As insinuated in an earlier comment, current models are like really pathetic cameras, the kind you might have made in science class as a kid with a box and a pin hole with your finger as the shutter. You get this really lousy picture where gross shapes can be discerned but little else.
You can take that image and put it in a modern photo editor and pixelate the dickens out of it, but all you are doing is subdividing lousy larger pixels…
Well interpolation between large pixels can produce useful results.
For example is you are currently holding an optical mouse in your hand (LED or LASER), the chances are that the digital camera in your mouse only has between15 x 15, and 22 x 22 pixels. Well if it one of those top secret fast gaming mice, it could have as many as 32 x 32 pixels. We are talking maybe 50 micron or 60 micron square pixels; veritable cow pastures.
Now it is of course taking at least 1500 frames per second, and maybe as high as 10,000 frames per second for that killer gaming mouse.
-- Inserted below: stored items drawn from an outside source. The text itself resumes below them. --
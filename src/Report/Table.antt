-- ===== src/Report/Table.antt =====
-- The tables of the dashboard (dashboard.js under tools/jmeter/results/*-report/content/js). The
-- values of the cells are a parameter, with the printing that JavaScript does.
use Prim.Native.String.{String}
use text.Mathlib.Text.{◌==◌ as str_eq}
use high_performance_e_comme.Common.{
  ℕ, suc, ◌+◌, leb, Bool, true, false, not, ◌&&◌, ◌||◌, Option, none, some, List, [], ◌∷◌,
  if◌then◌else◌, get_elem?, ◌==◌,
}
use high_performance_e_comme.Report.Series.{Browser, Filters}

pub record HeaderCell : Type 0 where
  pub col_span : ℕ
  pub text : String
  pub sorts : Bool

abbrev group : ℕ → String → HeaderCell
group span text = record { col_span = span; text = text; sorts = false }

-- `summaryTableHeader(header)`
pub summary_table_header : List HeaderCell
summary_table_header =
    group 1 "Requests"
    ∷ group 3 "Executions"
    ∷ group 7 "Response Times (ms)"
    ∷ group 1 "Throughput"
    ∷ group 2 "Network (KB/sec)"
    ∷ []

abbrev pub columns : List HeaderCell → ℕ
columns [] = 0
columns (h ∷ hs) = h.col_span + columns hs

-- What the formatters call: `toFixed(digits)`, `+ '%'` and `formatDuration`, and a value as text.
pub record Values (V : Type 0) : Type 0 where
  pub to_fixed : ℕ → V → V
  pub percent : V → V
  pub duration : V → V
  pub text_of : V → String

pub record Item (V : Type 0) : Type 0 where
  pub cells : List V
  pub is_controller : Bool

pub record Info (V : Type 0) : Type 0 where
  pub supports_controllers_discrimination : Bool
  pub overall : Option (Item V)
  pub titles : List String
  pub items : List (Item V)

-- What `createTable` appends to the table: the grouping header, the titles, the overall row and the
-- rows of the body.
pub record Table (V : Type 0) : Type 0 where
  pub groups : List HeaderCell
  pub titles : List String
  pub overall : Option (List V)
  pub rows : List (List V)
  pub sort_list : List (ℕ × ℕ)

module _ {V : Type 0} (v : Values V) where
  -- The formatter of the Apdex table.
  pub apdex_formatter : ℕ → V → V
  apdex_formatter index item =
      if index == 0
      then v.to_fixed 3 item
      else if (index == 1) || (index == 2)
      then v.duration item
      else item

  -- The formatter of the statistics table.
  pub statistics_formatter : ℕ → V → V
  statistics_formatter index item =
      if index == 3
      then v.percent (v.to_fixed 2 item)
      else if (index == 4) || (leb 7 index && leb index 13)
      then v.to_fixed 2 item
      else item

  -- The formatter of the table of errors.
  pub errors_formatter : ℕ → V → V
  errors_formatter index item =
      if (index == 2) || (index == 3) then v.percent (v.to_fixed 2 item) else item

  -- One row, formatted cell by cell from a column on.
  pub format_row : (ℕ → V → V) → ℕ → List V → List V
  format_row formatter col [] = []
  format_row formatter col (x ∷ xs) = formatter col x ∷ format_row formatter (suc col) xs

  -- `item.data[seriesIndex]` as a text; a cell that is not there reads "undefined".
  abbrev cell_text : Option ℕ → List V → String
  cell_text none cells = "undefined"
  cell_text (some i) cells = elim (get_elem? cells i) [ none ↦ "undefined" | some x ↦ v.text_of x ]

  -- The condition of the loop over the items.
  pub is_shown : Browser → Filters → Info V → Option ℕ → Item V → Bool
  is_shown b f info series_index item =
      (str_eq f.series_filter ""
        || f.filters_only_sample_series && not info.supports_controllers_discrimination
        || b.matches f.series_filter (cell_text series_index item.cells))
      && (not f.show_controllers_only
          || not info.supports_controllers_discrimination
          || item.is_controller)

  abbrev is_nil : List V → Bool
  is_nil [] = true
  is_nil (_ ∷ _) = false

  pub body_rows :
      Browser → Filters → Info V → (ℕ → V → V) → Option ℕ → List (Item V) → List (List V)
  unfolding is_shown format_row
  body_rows b f info formatter series_index [] = []
  body_rows b f info formatter series_index (item ∷ items) =
      let rest = body_rows b f info formatter series_index items in
      if is_shown b f info series_index item && not (is_nil item.cells)
      then format_row formatter 0 item.cells ∷ rest
      else rest

  abbrev overall_row : (ℕ → V → V) → Option (Item V) → Option (List V)
  overall_row formatter none = none
  overall_row formatter (some o) = some (format_row formatter 0 o.cells)

  -- `createTable(table, info, formatter, defaultSorts, seriesIndex, headerCreator)`
  pub create_table :
      Browser → Filters → Info V → (ℕ → V → V) → List (ℕ × ℕ) → Option ℕ → List HeaderCell → Table V
  unfolding body_rows format_row
  create_table b f info formatter default_sorts series_index groups = record {
    groups = groups;
    titles = info.titles;
    overall = overall_row formatter info.overall;
    rows = body_rows b f info formatter series_index info.items;
    sort_list = default_sorts;
  }

-- The two slices of the summary pie.
pub record Slice : Type 0 where
  pub label : String
  pub share : ℕ
  pub color : String

pub summary_dataset : ℕ → ℕ → List Slice
summary_dataset ko_percent ok_percent =
    record { label = "FAIL"; share = ko_percent; color = "#FF6347" }
    ∷ record { label = "PASS"; share = ok_percent; color = "#9ACD32" }
    ∷ []

-- The four tables of the page's handler, for the data that the report was generated with.
pub record Dashboard (V : Type 0) : Type 0 where
  pub apdex : Info V
  pub statistics : Info V
  pub errors : Info V
  pub top5_errors : Info V

pub dashboard_tables : {V : Type 0} → Values V → Browser → Filters → Dashboard V → List (Table V)
unfolding create_table apdex_formatter statistics_formatter errors_formatter summary_table_header
dashboard_tables v b f d =
    create_table v b f d.apdex (apdex_formatter v) ((0, 0) ∷ []) (some 3) []
    ∷ create_table v b f d.statistics (statistics_formatter v) ((0, 0) ∷ []) (some 0)
        summary_table_header
    ∷ create_table v b f d.errors (errors_formatter v) ((1, 1) ∷ []) none []
    ∷ create_table v b f d.top5_errors (λ _ item. item) ((0, 0) ∷ []) (some 0) []
    ∷ []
The camera lens that goes with that camera, started out able to resolve maybe 100 line pairs per mm, or about 5 microns spot size. Well the lens includes a built in optical low pass filter, that kills that resolution down to maybe a 100 micron spot size; but very uniform over the entire one by one mm field of view of the mouse. (it’s a 1:1 relay close up lens).
Because the lens point spread function is accurately devised (it’s like a laser beam waist ) the pixel signals are able to track the large spot with a Gaussian profile, as it tracks over the big pixels (which are smaller than the spot).
As a result, and the fact that absolute analog intensity values are stored for each pixel , the mouse is able to resolve motions much smaller than the pixel, so that 300-400 dot per inch mouse motion resolution is maintained.. Remember it is scanning.
All of that optical wizardry and signal processing magic, was done to save you from the monthly clean out of the hair and lint inside your $2 ball mouse. Yes it is all patented.
But nothing that is happening is creating out of (Nyquist) band information.
Now without the (patented) optical low pass filter, the whole thing would descend to garbage, and back tracking cursors, because of the original prototype high resolving power of the camera lens (it’s only about a 1.5 mm focal length lens; and aspheric, both surfaces.) And wildly aspheric in the LP filter region. The first one was actually a form of Tchebychev filter. Latest ones are segmented cubic profile filters.
“GCM projections of future climate change, with typical resolutions of about 100 km, are now routinely downscaled to resolutions as high as hundreds of meters.”
Who gives these folks the idea that their GCMs are working out now? After making faulty GCMs that have run hot for years, do they really think reducing the run area by 1000X is going to be an improvement?
“Pressure to use these techniques to produce policy-relevant information is enormous. To prevent bad decisions, the climate science community must identify downscaling’s strengths and limitations and develop best practices.”
First they must identify the limitations and bad decisions that went into current GCMs.
“A starting point for this discussion is to acknowledge that downscaled climate signals arising from warming are more credible than those arising from circulation changes.”
A starting point for this discussion is to acknowledge that the GCMs are not at all credible.
It seems to me that to Upscale would make more sense. First try to make an extremely accurate model of local weather over a very short period of time. Say something like this: It is now 65 degrees and 74% humidity on my porch I predict, based on my model that one minute from now it will be 65 degrees and 74% humidity on my porch. If over time your model show skill, then expand it in space and time, if still show skill expand it further. Eventually you might work it up to a global model of the climate in 100 years, but before it gets there it would have to show the ability to reasonable predict regional weather over at least a month. Working from future global climate to future local weather seems working backwards to me.